All I want for Christmas

Seeing as it's less than a month until the Big HoHo, I have an IT wishlist I'd like to request from non-tech-savvy computer users everywhere. Humour me, please:

1. When I ask you to log off, don't shut down, I mean log off, DON'T SHUT DOWN. Please, for the love of all that is good and holy, LOG OFF! DON'T SHUT DOWN!
"Ok, and now please click the Start button, and select 'log off', don't shut down."
"Did you log off?"
"Oh. No, I just shut down."
2. Don't call me honey or darlin or sweetie or any other pet name. I'm not your girlfriend or your daughter. In fact, I'm not your friend, and your patronizing labels make me want to disable your accounts. I know your passwords, I those I don't know I can reset and then forward all your private emails to your boss.

3. Hair dryer. Electric kettle. An ancient power bar that has a space heater attacked to it. Things that don't belong plugged into the power bar and sitting atop your computer. Please stop doing this. My heart can't take it.

4. This is not your personal computer. It belongs to the company and when you take your laptop home and visit sites our firewall can't protect you from and lose your data because of an infestation of viruses, this isn't IT's fault for not being able to fix it. It's your fault for being a bigger idiot than we can compensate for. Either stop doing that or own it.

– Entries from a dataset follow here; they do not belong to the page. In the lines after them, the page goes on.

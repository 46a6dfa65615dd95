-- ===== src/SharedArena.antt =====
-- shared_arena.rs: the arena that threads share, each call where no other thread comes between its
-- steps. Its `pending_free_list` is the `list` of the memory, shared with the pages. Each loop is
-- given its rounds.
pub mod Alloc
pub mod Walk
use shared_arena.Base.{
  ℕ, zero, suc, ◌+◌, ◌-◌, ◌%◌, ◌*◌, ◌/◌, ◌^◌, min, max, Bool, true, false, not, ◌&&◌, Option, none,
  some, List, [], ◌∷◌, ◌==◌, ltb, if◌then◌else◌, length, take, skip,
}
use shared_arena.Word.{block_per_page, u64_mod}
use shared_arena.Block
use shared_arena.Memory.{null, Memory, BlockPtr, deref, store, read_block}
use shared_arena.Run.{Run, Cmd, ok, fault, out_of_fuel, pure, ◌>>=◌, ◌>>◌, get, put, assert}
use shared_arena.Page.SharedMemory as Page
use shared_arena.Page.SharedMemory.{PageSharedArena, SharedCmd, shared_blocks}

-- `DELAY_DROP_SHRINK`
abbrev pub delay_drop_shrink : ℕ
delay_drop_shrink = 10

-- `to_free` is `none` for the null pointer.
pub record SharedArena : Type 0 where
  pub free_list : ℕ
  pub full_list : ℕ
  pub npages : ℕ
  pub writer : Bool
  pub shrinking : Bool
  pub to_free : Option (List ℕ)
  pub to_free_delay : ℕ

-- `WriterGuard::new`: whether the caller is the writer now. Its drop clears the flag.
unfoldable pub writer_new : SharedArena → SharedArena × Bool
writer_new arena =
    if not arena.writer then (record arena { writer = true }, true) else (arena, false)

unfoldable pub writer_drop : SharedArena → SharedArena
writer_drop arena = record arena { writer = false }

-- `WriterGuard::new_blocking`
unfoldable pub writer_new_blocking :
    {T : Type 0} → (tries : ℕ) → SharedArena → SharedCmd T SharedArena
writer_new_blocking zero arena = λ _. out_of_fuel
writer_new_blocking (suc tries) arena =
    if not arena.writer
    then pure (record arena { writer = true })
    else writer_new_blocking tries arena

module _ {T : Type 0} where
  -- The head of `pending_free_list`; the arena holds the cell, so that it exists.
  unfoldable pub pending_load : SharedCmd T ℕ
  pending_load m = elim (m.list) [ none ↦ fault | some p ↦ ok p m ]

  unfoldable pub pending_swap : ℕ → SharedCmd T ℕ
  pending_swap p m = elim (m.list) [ none ↦ fault | some old ↦ ok old (record m { list = some p }) ]

  -- `Block::drop_block` of a block whose page belongs to a shared arena.
  unfoldable pub drop_block : (tries : ℕ) → BlockPtr → SharedCmd T (Unit {0})
  drop_block tries block = do
    b ← read_block shared_blocks block
    Block.drop_block b.page (λ page. Page.drop_block tries page block) (λ _ _. fault) (λ _ _. fault)

  -- `SharedArena::put_pages_in_lists`. `fetch_add` wraps.
  unfoldable pub put_pages_in_lists :
      (npages first last : ℕ) → SharedArena → SharedCmd T SharedArena
  put_pages_in_lists npages first last arena = do
    let current = arena.full_list
    g ← deref last
    store last (record g { next = current })
    assert (current == arena.full_list)
    let arena₁ = record arena { full_list = first }
    assert (arena₁.free_list == null)
    pure (record arena₁ { free_list = first; npages = (arena₁.npages + npages) % u64_mod })

  -- `SharedArena::alloc_new_page`
  unfoldable pub alloc_new_page : SharedArena → SharedCmd T SharedArena
  alloc_new_page arena = do
    let to_allocate = min (max arena.npages 1) 900_000
    (first, last) ← Page.make_list to_allocate
    put_pages_in_lists to_allocate first last arena

  -- The loops that let go of the pages of a vector.
  unfoldable pub drop_pages : List ℕ → SharedCmd T (Unit {0})
  drop_pages [] = pure tt
  drop_pages (p ∷ ps) = do Page.drop_page p; drop_pages ps

  -- `SharedArena::maybe_free_pages`. The delay is a `u16`.
  unfoldable pub maybe_free_pages : SharedArena → SharedCmd T SharedArena
  maybe_free_pages arena =
      if ltb arena.to_free_delay delay_drop_shrink
      then (let old = arena.to_free_delay in
          let arena₁ = record arena { to_free_delay = (old + 1) % 2 ^ 16 } in
          if old == delay_drop_shrink - 1
          then elim (arena₁.to_free) [
            | none ↦ pure arena₁
            | some to_free ↦ do drop_pages to_free; pure (record arena₁ { to_free = none })
          ]
          else pure arena₁)
      else pure arena

  -- `SharedArena::take_pages_to_be_freed`
  unfoldable pub take_pages_to_be_freed : SharedArena → SharedCmd T SharedArena
  take_pages_to_be_freed arena = elim (arena.to_free) [
    | none ↦ pure arena
    | some to_free ↦ do
      let npages = max arena.npages 1
      let truncate_at = length to_free - npages
      let to_reinsert = skip truncate_at to_free
      (first, last) ← Page.make_list_from_slice to_reinsert
      arena₁ ← put_pages_in_lists (length to_reinsert) first last (record arena { to_free = none })
      if not (truncate_at == 0)
          then pure (record arena₁ { to_free = some (take truncate_at to_free); to_free_delay = 0 })
          else pure (record arena₁ { to_free_delay = delay_drop_shrink })
  ]

  -- The inner loop of `find_place`: full pages leave the free list until one has a free block.
  unfoldable pub take_from_free :
      (fuel tries : ℕ) → SharedArena → SharedCmd T (SharedArena × Option BlockPtr)
  take_from_free zero tries arena = λ _. out_of_fuel
  take_from_free (suc fuel) tries arena =
      let page = arena.free_list in
      if page == null then pure (arena, none) else do
        found ← Page.acquire_free_block tries page
        elim found [
          | some block ↦ pure (arena, some block)
          | none ↦ do
            g ← deref page
            let next = g.next_free
            if arena.free_list == page
                then (do
                  g ← deref page
                  store page (record g { in_free_list = false })
                  take_from_free fuel tries (record arena { free_list = next }))
                else take_from_free fuel tries arena
        ]

  -- What the writer does in `find_place` where the free list is empty.
  unfoldable pub get_pages : SharedArena → SharedCmd T SharedArena
  get_pages arena = do
    pending ← pending_load
    if not (pending == null)
        then (do
          pending' ← pending_swap null
          assert (arena.free_list == null)
          maybe_free_pages (record arena { free_list = pending' }))
        else elim (arena.to_free) [
          | some _ ↦ take_pages_to_be_freed arena
          | none ↦ alloc_new_page arena
        ]

  -- `SharedArena::find_place`
  unfoldable pub find_place :
      (rounds fuel tries : ℕ) → SharedArena → SharedCmd T (SharedArena × BlockPtr)
  find_place zero fuel tries arena = λ _. out_of_fuel
  find_place (suc rounds) fuel tries arena = do
    (arena₁, found) ← take_from_free fuel tries arena
    elim found [
      | some block ↦ pure (arena₁, block)
      | none ↦
          let (arena₂, guard) = writer_new arena₁ in
          if guard
          then (do
            arena₃ ← (if arena₂.free_list == null then get_pages arena₂ else pure arena₂)
            find_place rounds fuel tries (writer_drop arena₃))
          else do
            arena₃ ← (if arena₂.free_list == null then pure arena₂ else maybe_free_pages arena₂)
            find_place rounds fuel tries arena₃
    ]

  -- `SharedArena::with_capacity`
  unfoldable pub with_capacity : (cap : ℕ) → SharedCmd T SharedArena
  with_capacity cap = do
    let npages = (max cap 1 - 1) / block_per_page + 1
    m ← get
    put (record m { list = some null })
    (first, _) ← Page.make_list npages
    pure (record {
      npages = npages;
      free_list = first;
      full_list = first;
      writer = false;
      shrinking = false;
      to_free = none;
      to_free_delay = delay_drop_shrink;
    })

  -- `SharedArena::new`
  unfoldable pub new : SharedCmd T SharedArena
  new = with_capacity block_per_page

5. Yes, I know a lot about computers. No, I don't know how to fix your PlayStation. No, that doesn't make me bad at my job, because my job doesn't require me to fix PlayStations. It makes you an idiot for assuming IT tech=omniscient. Do you ask your dentist to take a look at your eyes? Yes? Gawd, you're an idiot. Please, just stop.

6. You know those fluorescent sticky notes you have plastered all over your monitor with all your user names and passwords written on them? Other people can see them, too. Including the people we don't want to have access to our systems, which is the reason for having passwords in the first place. If you can't remember them and need to write them down, please at least make it a challenge to find.

7. Yes, I'm going to have to poke around in your computer to search for the file you say you lost. No, kidding about child porn isn't funny and doesn't diffuse the tension. It just makes you sound like a ginormous asshole and puts you on my mental watchlist.Congratulations, I now think you're a criminal.

8. Do you work in IT? Have you ever worked in IT? Could you distinguish a floppy drive from a stick of RAM? No? Then stop asking me "am I sure" when I tell you what the problem is. You might have more credibility if you didn't have sticky notes with your passwords all over your computer and if you hadn't just asked me if I could fix your PlayStation. Seriously.

But, when all is said and done, I've got to say that it's not all that bad. If the users had more of an idea of what they were doing, I might not be so gainfully employed. So, rock on with your bad(at computers) selves, and keep calling me every morning to reset your passwords because the maid tossed out your sticky notes. It's ok. I'll pretend it happens to everyone and make sure the door is closed when I snicker about it to my coworkers.